Instructions to follow: Return all lines below containing the word "small".

Excerpted data:

—————

-- ===== src/Numeric/Rational/Ceiling.antt =====
-- The next integer above a rational number: right for numbers that are not negative, wrong below.
use native.Mathlib.Nat.{
  div-mul-le_self, lt-div-mul-add, div-eq-sub-div, div-add-mod', mod-lt, add-mul-div_right,
  div-eq_of_lt,
}
use cpp_essence.Prelude.{ℕ, suc, ◌+◌, ◌-◌, ◌*◌, ◌/◌, ◌%◌, ◌≤◌, ◌<◌, ◌≡◌, ap, ◌∙◌, true, some, arith}
use cpp_essence.Numeric.Rational.Terms.{nonzero, quotient, signed-false}
use cpp_essence.Numeric.Rational.{pos, negsuc, signed, ◌+ℤ◌, ceil}

dividend : (n d : ℕ) → 0 < d → pos n +ℤ pos d +ℤ negsuc 0 ≡ pos (n + d - 1)
unfolding ◌+ℤ◌
dividend n d h = ground arith

negative_dividend :
    (m d : ℕ) → 0 < d → d ≤ suc m → negsuc m +ℤ pos d +ℤ negsuc 0 ≡ negsuc (suc m - d)
unfolding ◌+ℤ◌
negative_dividend m d h small = ground arith

-- Without a multiple the quotient stays.
without_rest : (m d : ℕ) → 0 < d → 0 < (m + 2) % d → suc m / d ≡ (m + 2) / d
without_rest m d h rest =
    let q = (m + 2) / d in
    let r = (m + 2) % d in
    let e : suc m ≡ (r - 1) + q * d = omega (arith, div-add-mod' (m + 2) d, rest) in
    ap (λ (k : ℕ). k / d) e
    ∙ add-mul-div_right (r - 1) q h
    ∙ omega
        (arith, div-eq_of_lt {n = r - 1} {m = d} (omega (arith, mod-lt (m + 2) {m = d} h, rest)))

-- The ceiling of a number that is not negative is the least integer that is not below it.
pub ceil-least :
    (n d : ℕ)
    → 0 < d
    → (c : ℕ) × (ceil (record { numerator = pos n; denominator = pos d }) ≡ some (pos c))
      × (n ≤ c * d)
      × (c * d < n + d)
unfolding ceil
ceil-least n d h = (
  (n + d - 1) / d,
  rw (dividend n d h) (quotient (pos (n + d - 1)) d h ∙ ap some (signed-false ((n + d - 1) / d))),
  omega (arith, h, lt-div-mul-add {a = n + d - 1} {b = d} h),
  omega (arith, h, div-mul-le_self (n + d - 1) d),
)

-- The ceiling of a number from minus one down is one too large, unless the numerator is one above
-- a multiple of the denominator.
pub ceil-negative :
    (m d : ℕ)
    → 0 < d
    → d ≤ suc m
    → 0 < (m + 2) % d
    → ceil (record { numerator = negsuc m; denominator = pos d })
      ≡ some (signed true (suc m / d - 1))
unfolding ceil
ceil-negative m d h small rest = rw (negative_dividend m d h small) rw (nonzero d h) (
    ap (λ (k : ℕ). some (signed true k))
      (omega (
        arith,
        without_rest m d h rest,
        div-eq-sub-div {m = d} {n = m + 2} h (omega (arith, small)),
        fewer,
      )))
  where
    fewer : suc (suc m - d) / d ≡ (m + 2 - d) / d
    fewer = ap (λ (k : ℕ). k / d) (omega (arith, small))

—————

Solution for this problem:
negative_dividend m d h small = ground arith
ceil-negative m d h small rest = rw (negative_dividend m d h small) rw (nonzero d h) (
        div-eq-sub-div {m = d} {n = m + 2} h (omega (arith, small)),
    fewer = ap (λ (k : ℕ). k / d) (omega (arith, small))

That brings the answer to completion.